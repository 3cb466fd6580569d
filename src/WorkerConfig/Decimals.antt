-- ===== src/WorkerConfig/Decimals.antt =====
-- `std::to_string` as src/cWorkerConfig.cpp uses it, and `INIReader::GetInteger` of
-- src/cIniReader.cpp, which reads its texts back.
use pquery.Prelude.{
  ℕ, zero, suc, ◌+◌, ◌*◌, ◌/◌, ◌%◌, ◌<◌, false, [], ◌∷◌, ◌++◌, ◌≡◌, ◌≢◌, refl, ap, subst, ◌∙◌, inl,
  inr, none, some, arith, ltb, if◌then◌else◌, Bytes, All, All-append, length, length-append,
  is_digit, is_empty, append-nil, Bool-cases, ℤ, pos, negsuc, neg, IsInt64, drop_while,
}
use pquery.IniReader.Reader.{IniReader, Configuration, ini_reader, get, or_default}
use pquery.IniReader.Values.{ok, extract_int, get_integer, with_suffix, extract_char}
use pquery.IniReader.Numbers.{decimal, Digit, IsDigits, Extracts, unsigned, minus, pow-suc}
use pquery.IniReader.Extraction.{extract_int_iff}
use pquery.IniReader.Printer.{IsPrintable, print_config}
use pquery.IniReader.RoundTrip.{last_value, ini_reader-print_config}
use pquery.WorkerConfig.Checks.{to_string, digits_from}
use pquery.IniReader.Line.{skip_ws}

digit : (d : ℕ) → d < 10 → Digit (d + b'0')
unfolding is_digit
digit d h = ground arith

decimal-append : (ds : Bytes) (d : ℕ) → decimal (ds ++ (d + b'0') ∷ []) ≡ decimal ds * 10 + d
decimal-append [] d = omega arith
decimal-append (c ∷ ds) d =
    let more : length (ds ++ (d + b'0') ∷ []) ≡ suc (length ds) =
      length-append ds ((d + b'0') ∷ []) ∙ omega arith in
    rw (more, pow-suc (length ds), decimal-append ds d) (omega arith)

ended-IsDigits : (ds : Bytes) (d : ℕ) → All Digit ds → Digit d → IsDigits (ds ++ d ∷ [])
ended-IsDigits [] d h k = (λ e. cc, (k, tt))
ended-IsDigits (c ∷ ds) d h k = (λ e. cc, All-append Digit (c ∷ ds) (d ∷ []) h (k, tt))

digits_from-IsDigits :
    (fuel n : ℕ) → n < fuel → IsDigits (digits_from fuel n) × (decimal (digits_from fuel n) ≡ n)
unfolding digits_from
digits_from-IsDigits zero n h = absurd (omega arith)
digits_from-IsDigits (suc fuel) n h = elim (Bool-cases (ltb n 10)) [
  | inl e ↦ rw e ((λ x. cc, (digit n (ground arith), tt)), omega arith)
  | inr e ↦
      let (front, value) = digits_from-IsDigits fuel (n / 10) (ground arith) in
      rw e (
        ended-IsDigits _ _ front.1 (digit (n % 10) (omega arith)),
        decimal-append (digits_from fuel (n / 10)) (n % 10) ∙ omega (arith, value),
      )
]

extracted_pos : (ds : Bytes) (n : ℕ) → IsDigits ds → decimal ds ≡ n → Extracts ds (pos n) []
extracted_pos ds n h e =
    subst (λ m. Extracts ds (pos m) []) e
      (subst (λ s. Extracts s (pos (decimal ds)) []) (append-nil ds) (unsigned ds [] h tt))

extracted_neg :
    (ds : Bytes) (n : ℕ) → IsDigits ds → decimal ds ≡ suc n → Extracts (b'-' ∷ ds) (negsuc n) []
extracted_neg ds n h e =
    subst (λ m. Extracts (b'-' ∷ ds) (neg m) []) e
      (subst (λ s. Extracts (b'-' ∷ s) (neg (decimal ds)) []) (append-nil ds) (minus ds [] h tt))

not_empty : (ds : Bytes) → ds ≢ [] → is_empty ds ≡ false
not_empty [] h = absurd (h refl)
not_empty (c ∷ ds) h = refl

Extracts-to_string : (i : ℤ) → Extracts (to_string i) i []
unfolding to_string
Extracts-to_string (pos n) =
    let (digits, value) = digits_from-IsDigits (suc n) n (omega arith) in
    extracted_pos (digits_from (suc n) n) n digits value
Extracts-to_string (negsuc n) =
    let (digits, value) = digits_from-IsDigits (suc (suc n)) (suc n) (omega arith) in
    extracted_neg (digits_from (suc (suc n)) (suc n)) n digits value

-- The number is read back, and nothing is left.
pub extract_int-to_string : (i : ℤ) → IsInt64 i → extract_int (to_string i) ≡ some (i, [])
extract_int-to_string i h = (extract_int_iff (to_string i) i []).1 (Extracts-to_string i, h)

pub to_string_not_empty : (i : ℤ) → is_empty (to_string i) ≡ false
unfolding to_string
to_string_not_empty (pos n) = not_empty _ (digits_from-IsDigits (suc n) n (omega arith)).0.0
to_string_not_empty (negsuc n) = refl

-- A value that is a number as `to_string` writes it.
get_integer-to_string :
    (r : IniReader) (section name : Bytes) (i default_value : ℤ)
    → IsInt64 i
    → get r section name [] ≡ to_string i
    → get_integer r section name default_value ≡ ok i
unfolding get_integer with_suffix extract_char skip_ws drop_while
get_integer-to_string r section name i default_value v h =
    rw (h, to_string_not_empty i, extract_int-to_string i v) refl

-- An int64_t that to_string has written, as the last value for its key of a configuration that is
-- written as text, is what GetInteger reads there.
pub get_integer-print_config :
    (config : Configuration) (section key : Bytes) (i default_value : ℤ)
    → IsPrintable config
    → last_value section key config none ≡ some (to_string i)
    → IsInt64 i
    → get_integer (ini_reader (some (print_config config))) section key default_value ≡ ok i
get_integer-print_config config section key i default_value h e v =
    get_integer-to_string (ini_reader (some (print_config config))) section key i default_value v (
      (ini_reader-print_config config h).2 section key []
      ∙ ap (or_default []) e
      ∙ ap (λ b. if b then [] else to_string i) (to_string_not_empty i))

Work task = Using the line that contains "(or_default []) e" as the first, reproduce each line exactly through the last line of the listing.

Solution to the problem =
      ∙ ap (or_default []) e
      ∙ ap (λ b. if b then [] else to_string i) (to_string_not_empty i))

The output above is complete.